The p-value tells you how likely your observed result (or something more extreme) would be if the null hypothesis were true. In a two-sided test, you need to account for extreme results in both directions. The rule is straightforward: the p-value for a two-sided test is always twice the p-value of the corresponding one-sided test.

Say you run a test and get a test statistic of 2.10. If the one-sided p-value for that result is 0.018, the two-sided p-value is 0.036. You’d compare that 0.036 to your significance level of 0.05. Since 0.036 is smaller, you reject the null hypothesis and conclude there’s a statistically significant difference.

If your test statistic had been 1.80 instead, the one-sided p-value might be 0.036, making the two-sided p-value 0.072. That’s above 0.05, so you would fail to reject the null hypothesis.

A Real-World Example

Researchers studying whether maternal smoking affects children’s IQ scores used a two-sided test. Their null hypothesis stated that mean IQ scores were the same for children of mothers who smoked 10 or more cigarettes per day during pregnancy and children of non-smoking mothers. The alternative hypothesis stated that the means were not the same.

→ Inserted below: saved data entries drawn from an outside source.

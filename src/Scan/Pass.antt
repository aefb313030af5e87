-- ===== src/Scan/Pass.antt =====
-- A shared pass gives each task what it would find alone, however the collection is divided.
use mathlib.Core.List.{append_assoc, append-nil, Permᴰ}
use molten_db.Prelude.{
  ◌≡◌, refl, ℕ, zero, suc, true, false, Bool, Option, none, some, List, [], ◌∷◌, ◌++◌, take,
  if◌then◌else◌, Bool-cases, inl, inr, ap, ap₂, sym, ◌∙◌, Bytes, Str, map,
}
use molten_db.Prelude.Map.{Map}
use molten_db.Query.Host.{Host}
use molten_db.Scan.{
  SortItem, Heap, push_all, push_found, TaskKind, filtered, sorted, Task, pairs, heap,
  new_accumulator, new_accumulators, sort_item, visit_kind, visit_task, visit, scan_entries,
  Division, part, join, merge_kind, merge_task, merge_all, shared_pass,
}
use molten_db.Scan.Sorting.{sort_into, sort_into-IsSorted, sort_into-append}
use molten_db.Scan.Heap.{push_all-take}
use molten_db.Scan.Merge.{push_all-merge}
use molten_db.Scan.Alone.{
  one_item, candidates, matching, found_by, found, candidates-append, matching-append,
}

-- The entries of a collection, in the order of the parts.
unfoldable pub entries : Division → Map Str Bytes
entries (part col) = col
entries (join a b) = entries a ++ entries b

module _ (skip : Bytes → Option Bytes) (h : Host) where
  push_found-take :
      (most : ℕ) (xs : List SortItem) (o : Option SortItem)
      → push_found most (take most (sort_into [] xs)) o
        ≡ take most (sort_into [] (xs ++ one_item skip h o))
  unfolding push_found push_all
  push_found-take most xs none = ap (λ l. take most (sort_into [] l)) (sym (append-nil xs))
  push_found-take most xs (some item) =
      push_all-take most (sort_into [] xs) (item ∷ []) (sort_into-IsSorted [] xs tt)
      ∙ ap (take most) (sym (sort_into-append [] xs (item ∷ [])))

  module _ (path : List Str) (desc : Bool) (passes : Str → Bytes → Bool) (seen : Map Str Bytes)
      (key : Str) (bytes : Bytes) where
    candidates_more :
        passes key bytes ≡ true
        → candidates skip h path desc passes (seen ++ (key, bytes) ∷ [])
          ≡ candidates skip h path desc passes seen
            ++ one_item skip h (sort_item skip h path desc key bytes)
    unfolding candidates
    candidates_more yields =
        candidates-append skip h path desc passes seen ((key, bytes) ∷ [])
        ∙ rw yields (
            ap (λ l. candidates skip h path desc passes seen ++ l)
              (append-nil (one_item skip h (sort_item skip h path desc key bytes))))

    candidates_same :
        passes key bytes ≡ false
        → candidates skip h path desc passes (seen ++ (key, bytes) ∷ [])
          ≡ candidates skip h path desc passes seen
    unfolding candidates
    candidates_same fails =
        candidates-append skip h path desc passes seen ((key, bytes) ∷ [])
        ∙ rw fails (append-nil (candidates skip h path desc passes seen))

  visit_kind-found_by :
      (kind : TaskKind) (passes : Str → Bytes → Bool) (seen : Map Str Bytes) (key : Str)
      (bytes : Bytes)
      → (if passes key bytes
          then visit_kind skip h kind (found_by skip h kind passes seen) key bytes
          else found_by skip h kind passes seen)
        ≡ found_by skip h kind passes (seen ++ (key, bytes) ∷ [])
  unfolding found_by visit_kind matching candidates
  visit_kind-found_by filtered passes seen key bytes = elim (Bool-cases (passes key bytes)) [
    | inl yields ↦
        rw yields
          (ap pairs (sym (matching-append skip h passes seen ((key, bytes) ∷ []) ∙ rw yields refl)))
    | inr fails ↦ rw fails (
        ap pairs (
          sym (
            matching-append skip h passes seen ((key, bytes) ∷ [])
            ∙ rw fails (append-nil (matching skip h passes seen)))))
  ]
  visit_kind-found_by (sorted path desc most) passes seen key bytes =
      elim (Bool-cases (passes key bytes)) [
        | inl yields ↦ rw yields (
            ap heap (
              push_found-take most (candidates skip h path desc passes seen)
                (sort_item skip h path desc key bytes)
              ∙ ap (λ l. take most (sort_into [] l))
                  (sym (candidates_more path desc passes seen key bytes yields))))
        | inr fails ↦ rw fails (
            ap (λ l. heap (take most (sort_into [] l)))
              (sym (candidates_same path desc passes seen key bytes fails)))
      ]

  visit-found :
      (tasks : List Task) (seen : Map Str Bytes) (entry : Str × Bytes)
      → visit skip h tasks (map (found skip h seen) tasks) entry
        ≡ map (found skip h (seen ++ entry ∷ [])) tasks
  unfolding visit visit_task
  visit-found [] seen entry = refl
  visit-found (t ∷ tasks) seen (key, bytes) =
      ap₂ (λ x xs. x ∷ xs) (visit_kind-found_by t.kind t.predicate seen key bytes)
        (visit-found tasks seen (key, bytes))

  scan_entries-found :
      (tasks : List Task) (seen col : Map Str Bytes)
      → scan_entries skip h tasks (map (found skip h seen) tasks) col
        ≡ map (found skip h (seen ++ col)) tasks
  unfolding scan_entries
  scan_entries-found tasks seen [] = ap (λ l. map (found skip h l) tasks) (sym (append-nil seen))
  scan_entries-found tasks seen (entry ∷ col) =
      ap (λ accs. scan_entries skip h tasks accs col) (visit-found tasks seen entry)
      ∙ scan_entries-found tasks (seen ++ entry ∷ []) col
      ∙ ap (λ l. map (found skip h l) tasks) (append_assoc seen (entry ∷ []) col)

take-nil : (n : ℕ) → take {A = SortItem} n [] ≡ []
take-nil zero = refl
take-nil (suc n) = refl

module _ (skip : Bytes → Option Bytes) (h : Host) (drain : Heap → Heap)
    (drains : (items : Heap) → Permᴰ (drain items) items) where
  new_found_by :
      (kind : TaskKind) (passes : Str → Bytes → Bool)
      → new_accumulator kind ≡ found_by skip h kind passes []
  unfolding new_accumulator found_by candidates matching sort_into
  new_found_by filtered passes = refl
  new_found_by (sorted path desc most) passes = ap heap (sym (take-nil most))

  new-found : (tasks : List Task) → new_accumulators tasks ≡ map (found skip h []) tasks
  unfolding new_accumulators new_accumulator
  new-found [] = refl
  new-found (t ∷ tasks) = ap₂ (λ x xs. x ∷ xs) (new_found_by t.kind t.predicate) (new-found tasks)

  merge_kind-found_by :
      (kind : TaskKind) (passes : Str → Bytes → Bool) (xs ys : Map Str Bytes)
      → merge_kind drain kind (found_by skip h kind passes xs) (found_by skip h kind passes ys)
        ≡ found_by skip h kind passes (xs ++ ys)
  unfolding merge_kind found_by
  merge_kind-found_by filtered passes xs ys = ap pairs (sym (matching-append skip h passes xs ys))
  merge_kind-found_by (sorted path desc most) passes xs ys =
      let left = candidates skip h path desc passes xs in
      let right = candidates skip h path desc passes ys in
      ap heap (
        push_all-merge most left right (drain (take most (sort_into [] right)))
          (drains (take most (sort_into [] right)))
        ∙ ap (λ l. take most (sort_into [] l))
            (sym (candidates-append skip h path desc passes xs ys)))

  merge_all-found :
      (tasks : List Task) (xs ys : Map Str Bytes)
      → merge_all drain tasks (map (found skip h xs) tasks) (map (found skip h ys) tasks)
        ≡ map (found skip h (xs ++ ys)) tasks
  unfolding merge_all merge_task
  merge_all-found [] xs ys = refl
  merge_all-found (t ∷ tasks) xs ys =
      ap₂ (λ x l. x ∷ l) (merge_kind-found_by t.kind t.predicate xs ys)
        (merge_all-found tasks xs ys)

  -- However the entries of a collection are divided among threads, and in whatever order a heap gives
  -- its items, a shared pass finds for each of its tasks what the task finds alone in all entries: the
  -- matches in the order of the entries, or the first of the sorted items, as many as the task asks for.
  pub shared_pass-found :
      (tasks : List Task) (d : Division)
      → shared_pass drain skip h tasks d ≡ map (found skip h (entries d)) tasks
  unfolding shared_pass entries
  shared_pass-found tasks (part col) =
      ap (λ accs. scan_entries skip h tasks accs col) (new-found tasks)
      ∙ scan_entries-found skip h tasks [] col
  shared_pass-found tasks (join a b) =
      ap₂ (merge_all drain tasks) (shared_pass-found tasks a) (shared_pass-found tasks b)
      ∙ merge_all-found tasks (entries a) (entries b)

Why two-sided? Because before analyzing the data, the researchers acknowledged the theoretical possibility that smoking could be associated with higher or lower IQ scores. A two-sided test was the honest approach. The result turned out to be statistically significant, and the confidence interval then provided evidence of which direction the difference fell. This illustrates an important point: the p-value from a two-sided test tells you that a significant difference exists, but you look at the data itself (or the confidence interval) to determine the direction.

The Link to Confidence Intervals

Two-sided hypothesis tests and confidence intervals are two sides of the same coin. A 95% confidence interval corresponds directly to a two-sided test at the 0.05 significance level. The relationship works like this: if the value you’re testing against (say, zero for “no difference”) falls outside your 95% confidence interval, you would reject the null hypothesis in the two-sided test. If it falls inside, you would fail to reject.

This connection makes confidence intervals a useful companion to two-sided tests. The test gives you a yes-or-no answer about statistical significance, while the confidence interval shows you the plausible range of the true value and helps you judge whether the difference is large enough to matter in practice.

When to Use a Two-Sided Test

A two-sided test is appropriate whenever you don’t have a strong, pre-specified reason to look in only one direction. In practice, this covers most situations. If you’re comparing a new teaching method to a standard one, a two-sided test lets you detect whether the new method is better or worse. If you’re testing whether a drug changes blood pressure, a two-sided test catches both increases and decreases.

One-sided tests are reserved for cases where only one direction matters or where theory strongly predicts a specific direction. For example, you might use a one-sided test if you’re only interested in whether a new material is stronger than an existing one, and a weaker result is irrelevant to your decision. But many journals and regulatory agencies prefer or require two-sided tests, precisely because they’re more conservative and don’t bake assumptions about direction into the analysis.

The tradeoff is statistical power. Because a two-sided test splits its rejection region across both tails, it requires a larger sample size or a bigger effect to detect a significant result compared to a one-sided test. If you’re designing a study and you’re confident about the direction of the effect, a one-sided test gives you more power to detect it. But if there’s any chance the effect could go the other way, a two-sided test protects you from missing it entirely.